Moneybox

Stop #Slatepitching Insider Trading!

It should stay illegal, and the ban on it should be a model for further regulation.

Hedge fund manager Steven A. Cohen, founder and chairman of SAC Capital Advisors, responds to a question during a one-on-one interview session at the SkyBridge Alternatives Conference in Las Vegas, Nevada May 11, 2011.

Hedge fund manager Steven A. Cohen, founder and chairman of SAC Capital, has not personally been charged by the SEC.

Photo by Steve Marcus/Reuters

With the government pursuing a securities fraud case against Steve Cohen’s SAC Capital—though not, strikingly, against its founder and sole owner personally—the contrarians are coming out of the woodwork. From Time.com to Wonkblog, people are asking: Why ban insider trading in the first place? The great wheel of conventional wisdom appears to have turned, leaving Slate to state the obvious: The ban on insider trading does no harm, repealing it would solve nothing, and legalization could exacerbate the most dysfunctional tendencies in corporate America.

Lets start with what the would-be legalizers get right: The official rationale for the ban on insider trading makes no real sense. The pretense is that the ban helps create a level playing field, where the little guy can get a fair shake. This is nuts, because real traders and investment managers have millions of dollars to spend on research and analytics—the playing field can be as level as you like and you’re still going to get your ass kicked. Even perfect enforcement of Major League Baseball’s ban on performance-enhancing drugs isn’t going to help you strike out Alex Rodriguez. Under any rule set, only a crazy person would gamble on his ability to beat professional athletes at their own game.

The legalizers are right to bring this core truth to light. All across America, millions of people are wasting their money by going head to head against professional investors, and they should be encouraged to stop. You are not going to be able to pick stocks in a way that consistently outperforms the market average. The manager of your mutual fund isn’t either. Nor is your stockbroker. What’s more, anyone who could consistently beat the market would charge royally for his services and eat up your profits. And of course, you will not do a better job of picking a fund manager than you would do picking stocks in the first place. You, personally, should sit blissfully unaware of any information—whether insider or publicly available—and put your money in some nice low-fee index funds. Don’t trade. Don’t worry about insider trading.
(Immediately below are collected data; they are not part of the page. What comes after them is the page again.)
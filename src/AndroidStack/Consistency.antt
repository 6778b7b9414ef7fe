-- ===== src/AndroidStack/Consistency.antt =====
-- What holds of the streams, their services and what is pending for them, at all times.
use medium.Common.{
  ℕ, ◌≤◌, ◌≡◌, refl, inl, inr, true, List, [], ◌∷◌, ◌++◌, arith, Option, none, some, Bytes,
  bytes_eq, length, length-append, leb, Bool-cases, if◌then◌else◌, Result, ok, err, Map, has,
  map_get, map_insert, map_remove, map_get-map_insert, map_get-map_remove,
}
use medium.Candidates.{IceCandidate}
use medium.AndroidStack.Backends.{
  ActiveBackend, BackendRoute, direct_target, session_grant, BackendConnectOutcome, IdlePool,
  StreamBackends, entries, idle_len, idle_push, popped, idle_pop, connected_by, connect_backend,
  keep_path, after_connect, idle_or_connect, take_or_connect_backend, keep_idle, warm_route,
  ensure_idle_backend, warm_up_all, without_stream, warm_again, remove_stream,
}

-- The streams are those with a service; what is pending is for one of them; and there is at most one
-- idle backend for each service.
abbrev pub IsConsistent : StreamBackends → Type 0
IsConsistent s =
    ((id : Bytes) → has (map_get id s.streams) ≡ has (map_get id s.stream_services))
    × ((id : Bytes) → has (map_get id s.pending_writes) ≡ true → has (map_get id s.streams) ≡ true)
    × (s.idle_backends.max_per_service ≡ 1)
    × ((service_id : Bytes) → idle_len service_id s.idle_backends ≤ 1)

abbrev pub PoolOk : IdlePool → Type 0
PoolOk p = (p.max_per_service ≡ 1) × ((service_id : Bytes) → idle_len service_id p ≤ 1)

one_more :
    (old : List ActiveBackend) (b : ActiveBackend) (m : ℕ)
    → m ≡ 1
    → length old ≤ 1
    → length (if leb m (length old) then old else old ++ b ∷ []) ≤ 1
one_more old b m e h = elim (Bool-cases (leb m (length old))) [
  | inl f ↦ rw f h
  | inr f ↦
      let none' : length old ≡ 0 = ground (arith, f, e) in
      rw f (omega (arith, length-append old (b ∷ []), none'))
]

pub idle_push-PoolOk :
    (v : Bytes) (b : ActiveBackend) (p : IdlePool) → PoolOk p → PoolOk (idle_push v b p)
unfolding idle_push idle_len
idle_push-PoolOk v b p h = (
  h.0,
  λ w.
      rw
        (map_get-map_insert w v
          (if leb p.max_per_service (length (entries (map_get v p.backends)))
            then entries (map_get v p.backends)
            else entries (map_get v p.backends) ++ b ∷ [])
          p.backends)
        (elim (Bool-cases (bytes_eq v w)) [
          | inl e ↦ rw e (one_more (entries (map_get v p.backends)) b p.max_per_service h.0 (h.1 v))
          | inr e ↦ rw e (h.1 w)
        ]),
)

shorter :
    (v : Bytes) (p : IdlePool) (o : Option (List ActiveBackend))
    → PoolOk p
    → length (entries o) ≤ 1
    → PoolOk (popped v p o).1
unfolding idle_len
shorter v p none h k = h
shorter v p (some []) h k = (
  h.0,
  λ w.
      rw (map_get-map_remove w v p.backends)
        (elim (Bool-cases (bytes_eq v w)) [ inl e ↦ rw e (omega arith) | inr e ↦ rw e (h.1 w) ]),
)
shorter v p (some (b ∷ [])) h k = (
  h.0,
  λ w.
      rw (map_get-map_remove w v p.backends)
        (elim (Bool-cases (bytes_eq v w)) [ inl e ↦ rw e (omega arith) | inr e ↦ rw e (h.1 w) ]),
)
shorter v p (some (b ∷ c ∷ bs)) h k = let impossible : ⊥ = omega (arith, k) in elim impossible [ ]

idle_pop-PoolOk : (v : Bytes) (p : IdlePool) → PoolOk p → PoolOk (idle_pop v p).1
unfolding idle_pop idle_len
idle_pop-PoolOk v p h = shorter v p (map_get v p.backends) h (h.1 v)

connect_backend-IsConsistent :
    (s : StreamBackends) → IsConsistent s → IsConsistent (connect_backend s).1
unfolding connect_backend
connect_backend-IsConsistent s h = by_list s.connects
  where
    by_list : (rs : List (Result Bytes BackendConnectOutcome)) → IsConsistent (connected_by rs s).1
    by_list [] = h
    by_list (r ∷ rs) = h

keep_path-IsConsistent :
    (v : Bytes) (c : Option IceCandidate) (s : StreamBackends)
    → IsConsistent s
    → IsConsistent (keep_path v c s)
keep_path-IsConsistent v none s h = h
keep_path-IsConsistent v (some c) s h = h

after_connect-IsConsistent :
    (v : Bytes) (r : Result Bytes BackendConnectOutcome × StreamBackends)
    → IsConsistent r.1
    → IsConsistent (after_connect v r).1
after_connect-IsConsistent v (ok outcome, s) h =
    keep_path-IsConsistent v outcome.selected_ice_path s h
after_connect-IsConsistent v (err e, s) h = h

idle_or_connect-IsConsistent :
    (v : Bytes) (r : Option ActiveBackend × IdlePool) (s : StreamBackends)
    → IsConsistent s
    → PoolOk r.1
    → IsConsistent (idle_or_connect v r s).1
idle_or_connect-IsConsistent v (some b, p) s h k = (h.0, h.1, k.0, k.1)
idle_or_connect-IsConsistent v (none, p) s h k =
    after_connect-IsConsistent v (connect_backend (record s { idle_backends = p }))
      (connect_backend-IsConsistent (record s { idle_backends = p }) (h.0, h.1, k.0, k.1))

pub take_or_connect_backend-IsConsistent :
    (v : Bytes) (s : StreamBackends) → IsConsistent s → IsConsistent (take_or_connect_backend v s).1
unfolding take_or_connect_backend
take_or_connect_backend-IsConsistent v s h =
    idle_or_connect-IsConsistent v (idle_pop v s.idle_backends) s h
      (idle_pop-PoolOk v s.idle_backends (h.2, h.3))

keep_idle-IsConsistent :
    (v : Bytes) (r : Result Bytes ActiveBackend × StreamBackends)
    → IsConsistent r.1
    → IsConsistent (keep_idle v r)
keep_idle-IsConsistent v (ok b, s) h =
    let pool = idle_push-PoolOk v b s.idle_backends (h.2, h.3) in (h.0, h.1, pool.0, pool.1)
keep_idle-IsConsistent v (err e, s) h = h

warm_route-IsConsistent :
    (v : Bytes) (route : Option BackendRoute) (s : StreamBackends)
    → IsConsistent s
    → IsConsistent (warm_route v route s)
warm_route-IsConsistent v none s h = h
warm_route-IsConsistent v (some (direct_target target)) s h = h
warm_route-IsConsistent v (some (session_grant grant pin)) s h =
    keep_idle-IsConsistent v (after_connect v (connect_backend s))
      (after_connect-IsConsistent v (connect_backend s) (connect_backend-IsConsistent s h))

pub ensure_idle_backend-IsConsistent :
    (v : Bytes) (s : StreamBackends) → IsConsistent s → IsConsistent (ensure_idle_backend v s)
unfolding ensure_idle_backend
ensure_idle_backend-IsConsistent v s h = elim (Bool-cases (leb 1 (idle_len v s.idle_backends))) [
  | inl e ↦ rw e h
  | inr e ↦ rw e (warm_route-IsConsistent v (map_get v s.routes) s h)
]

pub warm_up_all-IsConsistent :
    (routes : Map BackendRoute) (s : StreamBackends)
    → IsConsistent s
    → IsConsistent (warm_up_all routes s)
unfolding warm_up_all
warm_up_all-IsConsistent [] s h = h
warm_up_all-IsConsistent ((v, direct_target target) ∷ routes) s h =
    warm_up_all-IsConsistent routes s h
warm_up_all-IsConsistent ((v, session_grant grant pin) ∷ routes) s h =
    warm_up_all-IsConsistent routes (ensure_idle_backend v s)
      (ensure_idle_backend-IsConsistent v s h)

-- The entries of the maps behind a removal or an insertion.
pub removed-has :
    {A B : Type 0} (j k : Bytes) (m : Map A) (n : Map B)
    → has (map_get j m) ≡ has (map_get j n)
    → has (map_get j (map_remove k m)) ≡ has (map_get j (map_remove k n))
removed-has j k m n h =
    rw (map_get-map_remove j k m, map_get-map_remove j k n)
      (elim (Bool-cases (bytes_eq k j)) [ inl e ↦ rw e refl | inr e ↦ rw e h ])

pub removed-covered :
    {A B : Type 0} (j k : Bytes) (m : Map A) (n : Map B)
    → (has (map_get j m) ≡ true → has (map_get j n) ≡ true)
    → has (map_get j (map_remove k m)) ≡ true
    → has (map_get j (map_remove k n)) ≡ true
removed-covered j k m n h g = rw (map_get-map_remove j k n) (elim (Bool-cases (bytes_eq k j)) [
  | inl e ↦ let g' = rw (map_get-map_remove j k m, e) at g in cc
  | inr e ↦ rw e (h (rw (map_get-map_remove j k m, e) at g))
])

pub inserted-has :
    {A B : Type 0} (j k : Bytes) (a : A) (b : B) (m : Map A) (n : Map B)
    → has (map_get j m) ≡ has (map_get j n)
    → has (map_get j (map_insert k a m)) ≡ has (map_get j (map_insert k b n))
inserted-has j k a b m n h =
    rw (map_get-map_insert j k a m, map_get-map_insert j k b n)
      (elim (Bool-cases (bytes_eq k j)) [ inl e ↦ rw e refl | inr e ↦ rw e h ])

pub kept-covered :
    {A : Type 0} (j k : Bytes) (a : A) (m : Map A)
    → has (map_get j m) ≡ true
    → has (map_get j (map_insert k a m)) ≡ true
kept-covered j k a m h =
    rw (map_get-map_insert j k a m)
      (elim (Bool-cases (bytes_eq k j)) [ inl e ↦ rw e refl | inr e ↦ rw e h ])

pub without_stream-IsConsistent :
    (id : Bytes) (s : StreamBackends) → IsConsistent s → IsConsistent (without_stream id s)
without_stream-IsConsistent id s h = (
  λ j. removed-has j id s.streams s.stream_services (h.0 j),
  λ j. removed-covered j id s.pending_writes s.streams (h.1 j),
  h.2,
  h.3,
)

warm_again-IsConsistent :
    (v : Option Bytes) (s : StreamBackends) → IsConsistent s → IsConsistent (warm_again v s)
warm_again-IsConsistent none s h = h
warm_again-IsConsistent (some v) s h = ensure_idle_backend-IsConsistent v s h

pub remove_stream-IsConsistent :
    (id : Bytes) (s : StreamBackends) → IsConsistent s → IsConsistent (remove_stream id s)
unfolding remove_stream
remove_stream-IsConsistent id s h =
    warm_again-IsConsistent (map_get id s.stream_services) (without_stream id s)
      (without_stream-IsConsistent id s h)
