-- ===== src/AndroidStack/Events.antt =====
-- The events of the virtual network and the two pumps: `handle_event`, `open_backend`, `pump_writes` and
-- `pump_reads` of crates/medium-android-netstack/src/lib.rs, and the page for a service that is not
-- reached.
use medium.Common.{
  ℕ, Bool, true, false, List, [], ◌∷◌, ◌++◌, Option, none, some, Bytes, codes, length, ◌==◌,
  if◌then◌else◌, Result, ok, err, Map, map_get, map_insert, map_keys, show_nat,
}
use medium.AndroidStack.Backends.{
  WasRead, bytes_read, ActiveBackend, BackendRoute, StackCall, send_tcp, close_tcp, StreamBackends,
  TcpPumpEvent, connected, received, closed, take_or_connect_backend, remove_stream, call,
  flush_pending_backend, queue_backend_write, close_stream, close_unless,
}

abbrev pub escaped : ℕ → Bytes
escaped c =
    if c == 38
    then codes "&amp;"
    else if c == 60
    then codes "&lt;"
    else if c == 62
    then codes "&gt;"
    else if c == 34
    then codes "&quot;"
    else c ∷ []

unfoldable pub html_escape : Bytes → Bytes
html_escape [] = []
html_escape (c ∷ cs) = escaped c ++ html_escape cs

abbrev pub quote : Bytes
quote = 34 ∷ []

unfoldable pub diagnostic_body : Bytes → Bytes → Bytes
diagnostic_body title body =
    codes "<!doctype html><html><head><meta charset="
    ++ (quote
        ++ (codes "utf-8"
            ++ (quote
                ++ (codes "><title>"
                    ++ (html_escape title
                        ++ (codes "</title></head><body style="
                            ++ (quote
                                ++ (codes
                                      "font-family: sans-serif; padding: 24px; line-height: 1.45"
                                    ++ (quote
                                        ++ (codes "><h1>"
                                            ++ (html_escape title
                                                ++ (codes "</h1><pre style="
                                                    ++ (quote
                                                        ++ (codes "white-space: pre-wrap"
                                                            ++ (quote
                                                            ++ (codes ">"
                                                            ++ (html_escape body
                                                            ++ codes
                                                            "</pre></body></html>")))))))))))))))))

abbrev pub crlf : Bytes
crlf = 13 ∷ 10 ∷ []

unfoldable pub diagnostic_http_response : ℕ → Bytes → Bytes → Bytes
diagnostic_http_response status title body =
    let body = diagnostic_body title body in
    codes "HTTP/1.1 "
    ++ (show_nat status
        ++ (codes " "
            ++ (title
                ++ (crlf
                    ++ (codes "Content-Type: text/html; charset=utf-8"
                        ++ (crlf
                            ++ (codes "Content-Length: "
                                ++ (show_nat (length body)
                                    ++ (crlf
                                        ++ (codes "Connection: close"
                                            ++ (crlf ++ (crlf ++ body))))))))))))

abbrev pub blank : Bytes
blank = 10 ∷ 10 ∷ []

unfoldable pub unreachable : Bytes → Bytes → Bytes
unreachable service_id error =
    codes
      "Medium resolved the service and accepted the browser TCP connection, but no backend candidate could be reached for service `"
    ++ (service_id
        ++ (codes "`."
            ++ (blank
                ++ (codes "Last error:"
                    ++ (10
                        ∷ (error
                            ++ (blank
                                ++ codes
                                    "Check that the node-agent is running and that either direct TCP is reachable or relay/WSS relay is configured and reachable from this phone.")))))))

abbrev pub opened : Bytes → Bytes → Result Bytes ActiveBackend × StreamBackends → StreamBackends
opened stream_id service_id (ok b, s) = record s {
  streams = map_insert stream_id b s.streams;
  stream_services = map_insert stream_id service_id s.stream_services;
}
opened stream_id service_id (err e, s) = call (close_tcp stream_id) (
    call
      (send_tcp stream_id (
        diagnostic_http_response 502 (codes "Medium backend unavailable")
          (unreachable service_id e)))
      s)

abbrev pub open_route : Bytes → Bytes → Option BackendRoute → StreamBackends → StreamBackends
open_route stream_id service_id none s = call (close_tcp stream_id) s
open_route stream_id service_id (some route) s =
    opened stream_id service_id (take_or_connect_backend service_id s)

unfoldable pub open_backend : Bytes → Bytes → StreamBackends → StreamBackends
open_backend stream_id service_id s =
    open_route stream_id service_id (map_get service_id s.routes) s

unfoldable pub handle_event : TcpPumpEvent → StreamBackends → StreamBackends
handle_event (connected stream_id service_id) s = open_backend stream_id service_id s
handle_event (received stream_id bytes) s =
    close_unless stream_id (queue_backend_write stream_id bytes s)
handle_event (closed stream_id) s = remove_stream stream_id s

unfoldable pub close_all : List Bytes → StreamBackends → StreamBackends
close_all [] s = s
close_all (stream_id ∷ ids) s = close_all ids (close_stream stream_id s)

abbrev pub note_failed : Bytes → Bool → List Bytes → List Bytes
note_failed stream_id true ids = ids
note_failed stream_id false ids = ids ++ stream_id ∷ []

-- The streams whose writes failed, after those that are noted, and the state.
unfoldable pub flush_all : List Bytes → List Bytes → StreamBackends → List Bytes × StreamBackends
flush_all [] failures s = (failures, s)
flush_all (stream_id ∷ ids) failures s =
    let flushed = flush_pending_backend stream_id s in
    flush_all ids (note_failed stream_id flushed.0 failures) flushed.1

unfoldable pub pump_writes : StreamBackends → StreamBackends
pump_writes s =
    let flushed = flush_all (map_keys s.pending_writes) [] s in close_all flushed.0 flushed.1

-- The reads of one stream: the calls, the reads that are left, and whether the stream is at its end.
unfoldable pub read_stream : Bytes → List WasRead → List StackCall × List WasRead × Bool
read_stream stream_id [] = ([], [], false)
read_stream stream_id (bytes_read [] ∷ rs) = ([], rs, true)
read_stream stream_id (bytes_read (b ∷ bytes) ∷ rs) =
    let (calls, rest, end) = read_stream stream_id rs in
    (send_tcp stream_id (b ∷ bytes) ∷ calls, rest, end)
read_stream stream_id (WasRead.would_block ∷ rs) = ([], rs, false)
read_stream stream_id (WasRead.interrupted ∷ rs) = read_stream stream_id rs
read_stream stream_id (WasRead.failed ∷ rs) = ([], rs, true)

abbrev pub note_end : Bytes → Bool → List Bytes → List Bytes
note_end stream_id true ids = stream_id ∷ ids
note_end stream_id false ids = ids

-- The calls, the streams, and those at their end.
unfoldable pub read_streams : Map ActiveBackend → List StackCall × Map ActiveBackend × List Bytes
read_streams [] = ([], [], [])
read_streams ((stream_id, b) ∷ streams) =
    let (calls, reads, end) = read_stream stream_id b.reads in
    let (later, rest, ends) = read_streams streams in
    (calls ++ later, (stream_id, record b { reads = reads }) ∷ rest, note_end stream_id end ends)

unfoldable pub pump_reads : StreamBackends → StreamBackends
pump_reads s =
    let (calls, streams, ends) = read_streams s.streams in
    close_all ends (record s { streams = streams; calls = s.calls ++ calls })

unfoldable pub handle_events : List TcpPumpEvent → StreamBackends → StreamBackends
handle_events [] s = s
handle_events (e ∷ es) s = handle_events es (handle_event e s)

-- A turn of `run_tun_loop`, with the events that the stack's poll gives.
unfoldable pub turn : List TcpPumpEvent → StreamBackends → StreamBackends
turn events s = pump_writes (pump_reads (pump_writes (handle_events events s)))

unfoldable pub run_turns : List (List TcpPumpEvent) → StreamBackends → StreamBackends
run_turns [] s = s
run_turns (events ∷ turns) s = run_turns turns (turn events s)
And certainly don’t assume that legal action will somehow create a safer stock market for the small investor, or help middle-class retail investors get smarter about portfolio management. Legalizing insider trading will only open the door to new waves of rip-offs, as people get lured into funds purporting to offer access to insider information.

Legalized insider trading will also create huge management problems. As Jie Hue and Thomas Noe wrote in their analysis of the pros and cons of insider trading for the Federal Reserve Bank of Atlanta, the informational value of insider trading is low in any country with a sophisticated securities analysis industry. Allowing it mainly gives investors “an incentive to substitute cheaper compensation based on insider trading for expensive salary packages designed to ensure high performance,” they write. So instead of cutting your CEO a huge check, you can let him profit from his insider information.

“At the same time,” they write, under the insider-trading system “managers have an incentive to manipulate project returns to increase risk.” In other words, instead of spending their time managing their businesses for long-term growth, executives will be thinking about the optimal strategy for buying and selling their own company’s stock. This focus on financial markets would only intensify one of the worst trends afflicting the American economy today: that corporate investment has become de-linked from corporate profits. Until recently, corporate earnings and investments in equipment and software rose in lockstep, but more recently, surging profits haven’t fueled much new business spending—which has kept the job market sluggish despite strong earnings. A key culprit seems to be excessive management focus on short-term stock price movements as executive compensation has become more linked to market performance. Shifting to a world in which managerial pay is even more about share price manipulation will make things worse and worse.

Rather than pushing to legalize insider trading, we ought to consider other areas where consumer protection rationales fall short but the public interest still calls for tighter regulation. High-frequency trading outfits that use advanced algorithms and state-of-the-art computer infrastructure to exploit millisecond-long trading opportunities are sometimes said to hurt ordinary investors. The counterargument, as with insider trading, is that no number of regulations will change the fact that small investors are saps and the trades speed up price discovery. But as with insider information, the marginal value of speedier price discovery to America’s already sophisticated financial markets is extremely low. The harm, meanwhile, is in the diversion of effort. Just as we want executives focused on growing their businesses rather than timing trades, it’s unhealthy to have too much talent and resources devoted to algorithmic trading, which is a much more zero-sum game than normal programming or traditional market research.

Securities regulation is never going to turn the stock market into a level playing field, and we shouldn’t worry about whether or not it’s succeeding. The risk of lax rules, however, is that the stock market becomes a dangerous distraction from the real business of the economy. Laws against insider trading help stop that, they ought to be enforced, and they ought to be a model for looking at further curbs on speculative activity.